Visitation

Rohan Chhetri

A bleak day, but for the pale sun bruising the air
to a colour of wine. Across the street, a yellow
dollhouse on a tenement balcony, & scrawled
across it in red, a little girl’s initials I will not reveal.
But what it all stands for: the same flaring sadness
I felt leaving her house on mornings like this.

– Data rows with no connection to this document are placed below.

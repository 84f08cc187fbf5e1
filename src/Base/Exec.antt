-- ===== src/Base/Exec.antt =====
-- Calls that change a state and may not return. What was written before the fault stays written.
use mathlib.Core.Path.{◌≡◌, refl, ap}
use mathlib.Core.Option.{Option, none, some}
use mathlib.Core.Bool.{Bool, true, false}
use mathlib.Core.List.{List, [], ◌∷◌}

-- `out_of_range` is the exception of std::unordered_map::at, `assertion` a failed assert,
-- `undefined` behaviour that the language leaves undefined, `blocked` a call that waits for ever,
-- `system_error` the exception of std::thread::join, `terminated` a call of std::terminate.
pub data Fault : Type 0 where
  out_of_range assertion undefined blocked system_error terminated : Fault

pub data Outcome {ℓ} (A : Type ℓ) : Type ℓ where
  returns : A → Outcome A
  faults : Fault → Outcome A

abbrev pub Exec : Type 0 → Type 0 → Type 0
Exec S A = S → Outcome A × S

module _ {S A : Type 0} where
  abbrev pub pure : A → Exec S A
  pure a s = (returns a, s)

  abbrev pub fail : Fault → Exec S A
  fail f s = (faults f, s)

  -- A computation that leaves the state alone.
  abbrev pub lift : Outcome A → Exec S A
  lift r s = (r, s)

abbrev pub continue : {S A B : Type 0} → (A → Exec S B) → Outcome A × S → Outcome B × S
continue f (returns a, s) = f a s
continue f (faults e, s) = (faults e, s)

infixl 5 ◌>>=◌ ◌>>◌
abbrev pub ◌>>=◌ : {S A B : Type 0} → Exec S A → (A → Exec S B) → Exec S B
◌>>=◌ m f s = continue f (m s)

abbrev pub ◌>>◌ : {S A B : Type 0} → Exec S A → Exec S B → Exec S B
m >> k = m >>= λ _. k

-- assert(b)
abbrev pub assert : {S : Type 0} → Bool → Exec S (Unit {0})
assert true s = (returns tt, s)
assert false s = (faults assertion, s)

-- The value of an outcome, on to the next pure step.
abbrev pub and_then : {A B : Type 0} → Outcome A → (A → Outcome B) → Outcome B
and_then (returns a) f = f a
and_then (faults e) f = faults e

-- std::unordered_map::at
abbrev pub at : {A : Type 0} → Option A → Outcome A
at none = faults out_of_range
at (some a) = returns a

-- A loop over a sequence, each round in the state that the last one left.
unfoldable pub for_each : {S A : Type 0} → (A → Exec S (Unit {0})) → List A → Exec S (Unit {0})
for_each f [] = pure tt
for_each f (a ∷ rest) = f a >> for_each f rest

-- A loop that rewrites each entry of a sequence, and stops at the first fault.
unfoldable pub traverse : {A B : Type 0} → (A → Outcome B) → List A → Outcome (List B)
traverse f [] = returns []
traverse f (a ∷ rest) =
    let bs = traverse f rest in and_then (f a) (λ b. and_then bs (λ cs. returns (b ∷ cs)))

abbrev pub returned {ℓ} : {A : Type ℓ} → Outcome A → Bool
returned (returns _) = true
returned (faults _) = false

module _ {S A B : Type 0} where
  -- A sequence that returns went through its first part.
  pub continue-returned :
      (f : A → Exec S B) (p : Outcome A × S)
      → returned (continue f p).0 ≡ true
      → (a : A) × (s : S) × (p ≡ (returns a, s)) × (returned (f a s).0 ≡ true)
  continue-returned f (returns a, s) h = (a, s, refl, h)
  continue-returned f (faults e, s) h = cc

  pub bind-returned :
      (m : Exec S A) (f : A → Exec S B) (s : S)
      → returned ((m >>= f) s).0 ≡ true
      → (a : A) × (s' : S) × (m s ≡ (returns a, s')) × (returned (f a s').0 ≡ true)
  bind-returned m f s h = continue-returned f (m s) h

  continue-eq :
      (f : A → Exec S B) (p : Outcome A × S) {b : B} {t : S}
      → continue f p ≡ (returns b, t)
      → (a : A) × (s : S) × (p ≡ (returns a, s)) × (f a s ≡ (returns b, t))
  continue-eq f (returns a, s) h = (a, s, refl, h)
  continue-eq f (faults e, s) h = cc

  -- The sequence after a first part that returns.
  pub bind-step :
      (m : Exec S A) (f : A → Exec S B) (s : S) {a : A} {t : S}
      → m s ≡ (returns a, t)
      → (m >>= f) s ≡ f a t
  bind-step m f s e = ap (continue f) e

  pub bind-eq :
      (m : Exec S A) (f : A → Exec S B) (s : S) {b : B} {t : S}
      → (m >>= f) s ≡ (returns b, t)
      → (a : A) × (s' : S) × (m s ≡ (returns a, s')) × (f a s' ≡ (returns b, t))
  bind-eq m f s h = continue-eq f (m s) h

-- and_then returns only through its first part.
pub and_then-returns :
    {A B : Type 0} (o : Outcome A) (f : A → Outcome B) {b : B}
    → and_then o f ≡ returns b
    → (a : A) × (o ≡ returns a) × (f a ≡ returns b)
and_then-returns (returns a) f e = (a, refl, e)
and_then-returns (faults x) f e = cc

pub returns-injective : {A : Type 0} {a b : A} → returns a ≡ returns b → a ≡ b
returns-injective e = cc

pub returns-pair :
    {A S : Type 0} {a b : A} {s t : S}
    → ◌≡◌ {A = Outcome A × S} (returns a, s) (returns b, t)
    → (a ≡ b) × (s ≡ t)
returns-pair e = (cc, cc)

I remember the bright days after, the way I leaned
my forehead against the fogged glass door of the train
each morning, undulating along the brief stretch
of the cantonment, where the forest thinned
into a few trees, burnt ground, & a rampart of concrete
and barbwire. I waited every morning to see them
grazing on the periphery: three brown antelopes
I couldn’t name by taxonomy. Outside, soldiers
patrolled the morning with their mute rifles
across welted shoulders. And on some mornings,
I would see one of the three stray & break into
a careless lope, so gently, I imagined the underbrush
rising beneath the wake of its cloud feet must feel
something close to knowing you were loved.
The way I still felt then, towards the end,
as I lifted her brown hand from across
my collarbone, slipped into my poor clothes
in the half-light of the living room, & tiptoed
out of the house into the deepening dawn, before
the morning’s gleaming thumb could snuff out
any small fires we might have divined by night.